[Exercise details]
Starting from the line in which "(headroom : Option (K → EndpointClass → ℕ)) (dec" appears, output every line down to the last line of the data below, exactly and without anything more.

[Data for this exercise]
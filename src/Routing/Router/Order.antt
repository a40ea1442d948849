-- ===== src/Routing/Router/Order.antt =====
-- How `BrokerRouter.route` orders the eligible brokers.
use inc_trade.Prelude.{
  ℕ, ◌≤◌, ◌≡◌, ◌≢◌, subst, refl, Bool, true, false, Option, none, some, List, [], ◌∷◌, take,
  take-All, All-at, All, leb→le, Bool-cases, Option-cases, ltb, mem, leb, arith, if◌then◌else◌, inl,
  inr,
}
use inc_trade.Routing.Models.{OperationKind}
use inc_trade.Routing.Policy.{
  Mode, fixed, priority_list, capability_match, quota_aware, latency_aware, RoutingPolicy,
}
use inc_trade.Routing.Router.{
  EndpointClass, operation_to_endpoint_class, insert_sorted, sorted, is_historical, pick_sorted,
  maybe_parallel, apply_mode,
}

module _ {K : Type 0} (before : K → K → Bool) where
  insert_sorted-All :
      (P : K → Type 0) (x : K) (xs : List K) → P x → All P xs → All P (insert_sorted before x xs)
  unfolding insert_sorted
  insert_sorted-All P x [] h hs = (h, tt)
  insert_sorted-All P x (y ∷ ys) h hs = elim (Bool-cases (before x y)) [
    | inl first ↦ rw first (h, hs)
    | inr later ↦ rw later (hs.0, insert_sorted-All P x ys h hs.1)
  ]

  sorted-All : (P : K → Type 0) (xs : List K) → All P xs → All P (sorted before xs)
  unfolding sorted
  sorted-All P [] hs = tt
  sorted-All P (x ∷ xs) hs = insert_sorted-All P x (sorted before xs) hs.0 (sorted-All P xs hs.1)

  mem-insert_sorted :
      (dec : Discrete K) (k x : K) (xs : List K)
      → mem dec k (insert_sorted before x xs) ≡ mem dec k (x ∷ xs)
  unfolding insert_sorted
  mem-insert_sorted dec k x [] = ground arith
  mem-insert_sorted dec k x (y ∷ ys) = ground (arith, mem-insert_sorted dec k x ys)

  mem-sorted :
      (dec : Discrete K) (k : K) (xs : List K) → mem dec k (sorted before xs) ≡ mem dec k xs
  unfolding sorted
  mem-sorted dec k [] = refl
  mem-sorted dec k (x ∷ xs) =
      ground (arith, mem-insert_sorted dec k x (sorted before xs), mem-sorted dec k xs)

module _ {K : Type 0} (before : K → K → Bool) where
  -- Each element may stand after the first.
  abbrev pub IsHeadFirst : List K → Type 0
  IsHeadFirst [] = Unit
  IsHeadFirst (x ∷ xs) = All (λ y. before x y ≡ true) xs

  All-weaken : {P Q : K → Type 0} (xs : List K) → ((x : K) → P x → Q x) → All P xs → All Q xs
  All-weaken [] f h = tt
  All-weaken (x ∷ xs) f h = (f x h.0, All-weaken xs f h.1)

  module _ (total : (x y : K) → before x y ≡ false → before y x ≡ true)
      (trans : (x y z : K) → before x y ≡ true → before y z ≡ true → before x z ≡ true) where
    insert_sorted-IsHeadFirst :
        (x : K) (xs : List K) → IsHeadFirst xs → IsHeadFirst (insert_sorted before x xs)
    unfolding insert_sorted
    insert_sorted-IsHeadFirst x [] h = tt
    insert_sorted-IsHeadFirst x (y ∷ ys) h = elim (Bool-cases (before x y)) [
      | inl first ↦ rw first (first, All-weaken ys (λ z. trans x y z first) h)
      | inr later ↦
          rw later (insert_sorted-All before (λ z. before y z ≡ true) x ys (total x y later) h)
    ]

    sorted-IsHeadFirst : (xs : List K) → IsHeadFirst (sorted before xs)
    unfolding sorted
    sorted-IsHeadFirst [] = tt
    sorted-IsHeadFirst (x ∷ xs) =
        insert_sorted-IsHeadFirst x (sorted before xs) (sorted-IsHeadFirst xs)

  -- A sorted list is not empty if the list is not.
  sorted-not_empty :
      (x : K) (xs : List K) → (z : K) × (zs : List K) × (sorted before (x ∷ xs) ≡ z ∷ zs)
  unfolding sorted insert_sorted
  sorted-not_empty x xs = go (sorted before xs)
    where
      go : (ys : List K) → (z : K) × (zs : List K) × (insert_sorted before x ys ≡ z ∷ zs)
      go [] = (x, [], refl)
      go (y ∷ ys) = elim (Bool-cases (before x y)) [
        | inl first ↦ (x, y ∷ ys, rw first refl)
        | inr later ↦ (y, insert_sorted before x ys, rw later refl)
      ]

  -- The first of the sorted list may stand before every element.
  sorted-first :
      (dec : Discrete K)
      → ((x : K) → before x x ≡ true)
      → ((x y : K) → before x y ≡ false → before y x ≡ true)
      → ((x y z : K) → before x y ≡ true → before y z ≡ true → before x z ≡ true)
      → (z : K) (zs xs : List K) (k : K) → sorted before xs ≡ z ∷ zs
      → mem dec k xs ≡ true
      → before z k ≡ true
  sorted-first dec reflexive total trans z zs xs k e h =
      let first : IsHeadFirst (z ∷ zs) =
        subst (λ ys. IsHeadFirst ys) e (sorted-IsHeadFirst total trans xs) in
      All-at dec (λ y. before z y ≡ true) k (z ∷ zs) (reflexive z, first)
        (ground (arith, mem-sorted before dec k xs))

module _ {K : Type 0} where
  if-All : (P : K → Type 0) (b : Bool) (xs : List K) → All P xs → All P (if b then xs else [])
  if-All P true xs h = h
  if-All P false xs h = tt

  take-if-All :
      (P : K → Type 0) (a b : Bool) (n : ℕ) (xs : List K)
      → All P xs
      → All P (if a then (if b then take n xs else []) else [])
  take-if-All P true b n xs h = if-All P b (take n xs) (take-All P n xs h)
  take-if-All P false b n xs h = tt

module _ {K F : Type 0} where
  pick_sorted-All :
      (P : K → Type 0) (p : RoutingPolicy K F) (first : K) (scored : List K)
      (parallel : List K → List K)
      → P first
      → All P scored
      → All P (parallel scored)
      → let c = pick_sorted p first scored parallel in
        All P (c.primary ∷ c.fallbacks) × All P c.parallel
  pick_sorted-All P p first [] parallel h hs hp = ((h, if-All P p.allow_fallback [] tt), hp)
  pick_sorted-All P p first (x ∷ xs) parallel h hs hp =
      ((hs.0, if-All P p.allow_fallback xs hs.1), hp)

  maybe_parallel-All :
      (P : K → Type 0) (healthy : List K) (p : RoutingPolicy K F) (operation : OperationKind)
      → All P healthy
      → All P (maybe_parallel healthy p operation)
  unfolding maybe_parallel
  maybe_parallel-All P healthy p operation h = elim (Option-cases p.max_parallel_sources) [
    | inl e ↦ rw e tt
    | inr (n, e) ↦ rw e (take-if-All P (is_historical operation) (ltb 1 n) n healthy h)
  ]

  mem-pick_sorted :
      (before : K → K → Bool) (dec : Discrete K) (k : K) (p : RoutingPolicy K F) (first : K)
      (others : List K) (parallel : List K → List K)
      → p.allow_fallback ≡ true
      → let c = pick_sorted p first (sorted before (first ∷ others)) parallel in
        mem dec k (c.primary ∷ c.fallbacks) ≡ mem dec k (first ∷ others)
  mem-pick_sorted before dec k p first others parallel a =
      let (z, zs, e) = sorted-not_empty before first others in
      ground (arith, e, mem-sorted before dec k (first ∷ others))

  primary-pick_sorted :
      (before : K → K → Bool) (dec : Discrete K) (k : K) (p : RoutingPolicy K F) (first : K)
      (others : List K) (parallel : List K → List K)
      → ((x : K) → before x x ≡ true)
      → ((x y : K) → before x y ≡ false → before y x ≡ true)
      → ((x y z : K) → before x y ≡ true → before y z ≡ true → before x z ≡ true)
      → mem dec k (first ∷ others) ≡ true
      → before (pick_sorted p first (sorted before (first ∷ others)) parallel).primary k ≡ true
  primary-pick_sorted before dec k p first others parallel reflexive total trans h =
      let (z, zs, e) = sorted-not_empty before first others in
      rw e (sorted-first before dec reflexive total trans z zs (first ∷ others) k e h)

module _ {K F : Type 0} (latency : K → ℕ) where
  -- All chosen brokers are among the healthy ones.
  pub apply_mode-All :
      (headroom : Option (K → EndpointClass → ℕ)) (P : K → Type 0) (p : RoutingPolicy K F)
      (operation : OperationKind) (first : K) (others : List K) (mode : Mode)
      → All P (first ∷ others)
      → let c = apply_mode headroom latency p operation first others mode in
        All P (c.primary ∷ c.fallbacks) × All P c.parallel
  unfolding apply_mode
  apply_mode-All headroom P p operation first others fixed h = ((h.0, tt), tt)
  apply_mode-All headroom P p operation first others priority_list h = (
    (h.0, if-All P p.allow_fallback others h.1),
    maybe_parallel-All P (first ∷ others) p operation h,
  )
  apply_mode-All headroom P p operation first others capability_match h = (
    (h.0, if-All P p.allow_fallback others h.1),
    maybe_parallel-All P (first ∷ others) p operation h,
  )
  apply_mode-All none P p operation first others quota_aware h =
      ((h.0, if-All P p.allow_fallback others h.1), tt)
  apply_mode-All (some score) P p operation first others quota_aware h =
      let class = operation_to_endpoint_class operation in
      let before = λ (a b : K). leb (score b class) (score a class) in
      let scored = sorted before (first ∷ others) in
      let hs : All P scored = sorted-All before P (first ∷ others) h in
      pick_sorted-All P p first scored (λ ys. maybe_parallel ys p operation) h.0 hs
        (maybe_parallel-All P scored p operation hs)
  apply_mode-All headroom P p operation first others latency_aware h =
      let before = λ (a b : K). leb (latency a) (latency b) in
      pick_sorted-All P p first (sorted before (first ∷ others)) (λ _. []) h.0
        (sorted-All before P (first ∷ others) h) tt

  -- With fallbacks, and unless the mode is fixed, every healthy broker is chosen once.
  pub apply_mode-mem :
      (headroom : Option (K → EndpointClass → ℕ)) (dec : Discrete K) (k : K) (p : RoutingPolicy K F)
      (operation : OperationKind) (first : K) (others : List K) (mode : Mode)
      → p.allow_fallback ≡ true
      → mode ≢ fixed
      → let c = apply_mode headroom latency p operation first others mode in
        mem dec k (c.primary ∷ c.fallbacks) ≡ mem dec k (first ∷ others)
  unfolding apply_mode
  apply_mode-mem headroom dec k p operation first others fixed a ne = absurd (ne refl)
  apply_mode-mem headroom dec k p operation first others priority_list a ne = ground arith
  apply_mode-mem headroom dec k p operation first others capability_match a ne = ground arith
  apply_mode-mem none dec k p operation first others quota_aware a ne = ground arith
  apply_mode-mem (some score) dec k p operation first others quota_aware a ne =
      let class = operation_to_endpoint_class operation in
      let before = λ (a b : K). leb (score b class) (score a class) in
      mem-pick_sorted before dec k p first others (λ ys. maybe_parallel ys p operation) a
  apply_mode-mem headroom dec k p operation first others latency_aware a ne =
      let before = λ (a b : K). leb (latency a) (latency b) in
      mem-pick_sorted before dec k p first others (λ _. []) a

  -- The quota-aware primary has the most headroom.
  pub apply_mode-headroom :
      (score : K → EndpointClass → ℕ) (dec : Discrete K) (k : K) (p : RoutingPolicy K F)
      (operation : OperationKind) (first : K) (others : List K)
      → mem dec k (first ∷ others) ≡ true
      → let c = apply_mode (some score) latency p operation first others quota_aware in
        let class = operation_to_endpoint_class operation in score k class ≤ score c.primary class
  unfolding apply_mode
  apply_mode-headroom score dec k p operation first others h =
      let class = operation_to_endpoint_class operation in
      let before = λ (a b : K). leb (score b class) (score a class) in
      leb→le _ _ (
        primary-pick_sorted before dec k p first others (λ ys. maybe_parallel ys p operation)
          (λ x. ground arith) (λ x y e. ground arith) (λ x y z e e'. ground arith) h)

[Expected answer]
      (headroom : Option (K → EndpointClass → ℕ)) (dec : Discrete K) (k : K) (p : RoutingPolicy K F)
      (operation : OperationKind) (first : K) (others : List K) (mode : Mode)
      → p.allow_fallback ≡ true
      → mode ≢ fixed
      → let c = apply_mode headroom latency p operation first others mode in
        mem dec k (c.primary ∷ c.fallbacks) ≡ mem dec k (first ∷ others)
  unfolding apply_mode
  apply_mode-mem headroom dec k p operation first others fixed a ne = absurd (ne refl)
  apply_mode-mem headroom dec k p operation first others priority_list a ne = ground arith
  apply_mode-mem headroom dec k p operation first others capability_match a ne = ground arith
  apply_mode-mem none dec k p operation first others quota_aware a ne = ground arith
  apply_mode-mem (some score) dec k p operation first others quota_aware a ne =
      let class = operation_to_endpoint_class operation in
      let before = λ (a b : K). leb (score b class) (score a class) in
      mem-pick_sorted before dec k p first others (λ ys. maybe_parallel ys p operation) a
  apply_mode-mem headroom dec k p operation first others latency_aware a ne =
      let before = λ (a b : K). leb (latency a) (latency b) in
      mem-pick_sorted before dec k p first others (λ _. []) a

  -- The quota-aware primary has the most headroom.
  pub apply_mode-headroom :
      (score : K → EndpointClass → ℕ) (dec : Discrete K) (k : K) (p : RoutingPolicy K F)
      (operation : OperationKind) (first : K) (others : List K)
      → mem dec k (first ∷ others) ≡ true
      → let c = apply_mode (some score) latency p operation first others quota_aware in
        let class = operation_to_endpoint_class operation in score k class ≤ score c.primary class
  unfolding apply_mode
  apply_mode-headroom score dec k p operation first others h =
      let class = operation_to_endpoint_class operation in
      let before = λ (a b : K). leb (score b class) (score a class) in
      leb→le _ _ (
        primary-pick_sorted before dec k p first others (λ ys. maybe_parallel ys p operation)
          (λ x. ground arith) (λ x y e. ground arith) (λ x y z e e'. ground arith) h)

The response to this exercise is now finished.